The FileParser Module¶
You instantiate a FileParser
by providing the exact path to a file with the extension included.
cocktail-shaker is smart enough to detect the file extension and allocate its specific parsing.
If the file being parsed is not supported, then FileNotSupportedError
will be raised instead.
>>> from cocktail_shaker import FileParser
>>> molecules = FileParser('compounds.sdf')
>>> print (molecules)
>>> ['c1cc(CCCO)ccc1']
FileParser will then return a list of SMILES.
-
file_path
¶ The path to a file
The FileWriter Module¶
The FileWriter module uses the NIH web cactus resolver under the hood to generate the 2D or 3D data.

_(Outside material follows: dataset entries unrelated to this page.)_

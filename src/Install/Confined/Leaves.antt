-- ===== src/Install/Confined/Leaves.antt =====
-- archive_tree.rs of omne-artifact-install-primitives: staged leaves have names of their own in the directory
-- of their entry.
use omne_runtime.Base.{
  ◌/◌, ◌%◌, inr, ltb→lt, inl, Bool-cases, codes, refl, arith, all-append, String, ◌≡◌, ℕ, zero, suc,
  ◌<◌, true, [], ◌∷◌, ◌++◌, Bytes, Result, ok, err, all, ltb,
}
use omne_runtime.Base.Actions.{Outcome, ◌>>=◌, lift, attempt}
use omne_runtime.FsPath.Segments.{is_segment, not_slash}
use omne_runtime.Install.{
  remove_file, rename_leaf, read_file_type, perform_call, Machine, ArtifactInstallError, Dir, Call,
  IoError, System,
}
use omne_runtime.Install.Confined.{
  logged-IsConfined, Holds-any, lift-Confines, read_file_type-Confines, IsConfinedWith, IsConfined,
  perform_call-Confines, match-Confines, map_error-Confines, if-Confines, is_below, >>=-Confines,
  Confines, is_confined,
}
use omne_runtime.Install.Directories.{Install}
use omne_runtime.Install.Leaves.{
  is_already_exists, dropped, replaceable, staged_or, rename_archive_leaf, pending_leaf,
  next_archive_staged_leaf_name, ensure_replaceable_archive_output_leaf, create_staged_leaf,
  staged_leaf_name, lower_hex_on_fuel, lower_hex_digit, lower_hex,
}

-- Names of staged leaves.

hex_digit-not_slash : (n : ℕ) → n < 16 → not_slash (lower_hex_digit n) ≡ true
hex_digit-not_slash n h = ground arith

all-append-true :
    (xs ys : Bytes)
    → all not_slash xs ≡ true
    → all not_slash ys ≡ true
    → all not_slash (xs ++ ys) ≡ true
all-append-true xs ys h k = rw (all-append not_slash xs ys, h) k

lower_hex_on_fuel-not_slash : (fuel n : ℕ) → all not_slash (lower_hex_on_fuel fuel n) ≡ true
unfolding lower_hex_on_fuel
lower_hex_on_fuel-not_slash zero n = refl
lower_hex_on_fuel-not_slash (suc fuel) n = elim (Bool-cases (ltb n 16)) [
  | inl small ↦ rw (small, hex_digit-not_slash n (ltb→lt n 16 small)) refl
  | inr large ↦
      let last : not_slash (lower_hex_digit (n % 16)) ≡ true =
        hex_digit-not_slash (n % 16) (omega arith) in
      rw large (
        all-append-true (lower_hex_on_fuel fuel (n / 16)) (lower_hex_digit (n % 16) ∷ [])
          (lower_hex_on_fuel-not_slash fuel (n / 16)) (rw last refl))
]

lower_hex-not_slash : (n : ℕ) → all not_slash (lower_hex n) ≡ true
unfolding lower_hex
lower_hex-not_slash n = lower_hex_on_fuel-not_slash (suc n) n

staged_leaf_name-is_segment :
    (purpose : String) (pid timestamp sequence : ℕ)
    → all not_slash (codes purpose) ≡ true
    → is_segment (staged_leaf_name purpose pid timestamp sequence) ≡ true
unfolding staged_leaf_name is_segment
staged_leaf_name-is_segment purpose pid timestamp sequence h =
    let dash : Bytes = b'-' ∷ [] in
    let one = all-append-true (codes purpose) dash h refl in
    let two =
      all-append-true (codes purpose ++ dash) (lower_hex pid) one (lower_hex-not_slash pid) in
    let three = all-append-true (codes purpose ++ dash ++ lower_hex pid) dash two refl in
    let four =
      all-append-true (codes purpose ++ dash ++ lower_hex pid ++ dash) (lower_hex timestamp) three
        (lower_hex-not_slash timestamp) in
    let five =
      all-append-true (codes purpose ++ dash ++ lower_hex pid ++ dash ++ lower_hex timestamp) dash
        four refl in
    let six =
      all-append-true
        (codes purpose ++ dash ++ lower_hex pid ++ dash ++ lower_hex timestamp ++ dash)
        (lower_hex sequence) five (lower_hex-not_slash sequence) in
    all-append-true
      (codes purpose
        ++ dash
        ++ lower_hex pid
        ++ dash
        ++ lower_hex timestamp
        ++ dash
        ++ lower_hex sequence)
      (codes ".tmp") six refl

module _ (system : System) where
  next_archive_staged_leaf_name-Confines :
      (purpose : String)
      → all not_slash (codes purpose) ≡ true
      → Confines (λ leaf. is_segment leaf ≡ true) (next_archive_staged_leaf_name system purpose)
  unfolding next_archive_staged_leaf_name
  next_archive_staged_leaf_name-Confines purpose h machine safe =
      let named =
        staged_leaf_name-is_segment purpose system.process_id (system.now machine.calls)
          machine.staged_leaf_counter h in
      (safe, named)

  staged_or-Confines :
      (entry_path leaf : Bytes) (answer : Result IoError (Unit {0})) (again : Install Bytes)
      → is_segment leaf ≡ true
      → Confines (λ l. is_segment l ≡ true) again
      → Confines (λ l. is_segment l ≡ true) (staged_or system entry_path leaf answer again)
  staged_or-Confines entry_path leaf (ok u) again named h = λ machine safe. (safe, named)
  staged_or-Confines entry_path leaf (err e) again named h =
      if-Confines (λ l. is_segment l ≡ true) (is_already_exists e.kind) again _ (λ x. h)
        (λ x machine safe. safe)

  pub create_staged_leaf-Confines :
      (attempts : ℕ) (entry_path : Bytes) (purpose : String) (make : Bytes → Call)
      → all not_slash (codes purpose) ≡ true
      → ((leaf : Bytes) → is_segment leaf ≡ true → is_confined (make leaf) ≡ true)
      → Confines
          (λ leaf. is_segment leaf ≡ true)
          (create_staged_leaf system attempts entry_path purpose make)
  unfolding create_staged_leaf
  create_staged_leaf-Confines zero entry_path purpose make h confined = λ machine safe. safe
  create_staged_leaf-Confines (suc attempts) entry_path purpose make h confined =
      let Leaf = λ (leaf : Bytes). is_segment leaf ≡ true in
      let again = create_staged_leaf system attempts entry_path purpose make in
      >>=-Confines Leaf Leaf (next_archive_staged_leaf_name system purpose)
        (λ leaf. attempt (perform_call system (make leaf)) >>= λ answer.
          staged_or system entry_path leaf answer again)
        (next_archive_staged_leaf_name-Confines purpose h)
        (λ leaf named.
          match-Confines (λ u. Unit) Leaf (perform_call system (make leaf))
            (λ answer. staged_or system entry_path leaf answer again)
            (perform_call-Confines system (make leaf) (confined leaf named))
            (λ answer u.
              staged_or-Confines entry_path leaf answer again named
                (create_staged_leaf-Confines attempts entry_path purpose make h confined)))

  dropped-Confined :
      (dir : Dir) (leaf : Bytes) (x : Result ArtifactInstallError (Unit {0}) × Machine)
      → is_below dir leaf ≡ true
      → Outcome IsConfined (IsConfinedWith (λ u. Unit)) x
      → Outcome IsConfined (IsConfinedWith (λ u. Unit)) (dropped system dir leaf x)
  unfolding is_confined
  dropped-Confined dir leaf (ok u, machine) below h = h
  dropped-Confined dir leaf (err e, machine) below h =
      logged-IsConfined (remove_file dir leaf) machine below h

  pub pending_leaf-Confines :
      (dir : Dir) (leaf : Bytes) (rest : Install (Unit {0}))
      → is_below dir leaf ≡ true
      → Confines (λ u. Unit) rest
      → Confines (λ u. Unit) (pending_leaf system dir leaf rest)
  unfolding pending_leaf
  pending_leaf-Confines dir leaf rest below h machine safe =
      dropped-Confined dir leaf (rest machine) below (h machine safe)

  pub rename_archive_leaf-Confines :
      (entry_path : Bytes) (dir : Dir) (from to : Bytes)
      → is_below dir from ≡ true
      → is_below dir to ≡ true
      → Confines (λ u. Unit) (rename_archive_leaf system entry_path dir from to)
  unfolding rename_archive_leaf is_confined
  rename_archive_leaf-Confines entry_path dir from to h k =
      map_error-Confines (λ u. Unit) (perform_call system (rename_leaf dir from to)) _
        (perform_call-Confines system (rename_leaf dir from to) (ground arith))

  pub ensure_replaceable_archive_output_leaf-Confines :
      (entry_path : Bytes) (dir : Dir) (name : Bytes)
      → is_below dir name ≡ true
      → Confines (λ u. Unit) (ensure_replaceable_archive_output_leaf system entry_path dir name)
  unfolding ensure_replaceable_archive_output_leaf
  ensure_replaceable_archive_output_leaf-Confines entry_path dir name h =
      match-Confines (λ u. Unit) (λ u. Unit) (read_file_type system dir name)
        (λ answer. lift (replaceable system entry_path name answer))
        (read_file_type-Confines system dir name h)
        (λ answer u.
          lift-Confines (λ v. Unit) (replaceable system entry_path name answer) (Holds-any _))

By issuing requests of the compound in SMILES and returning a XML formatted data struct of the 2D/3D coordinates in whatever chemical format indicated by the user. Unfortunately, the cactus resolver can only process one api call at a time and not bulk requests. This means that sending combinations worth of 1000+ -> 1000+ api requests might not be in your best interest and eventually the server will deny any requests.
This feature is still in development so use at your own discretion.
You instantiate a FileWriter
by providing the path to the file, compounds to be written, and the extension you would like the files in.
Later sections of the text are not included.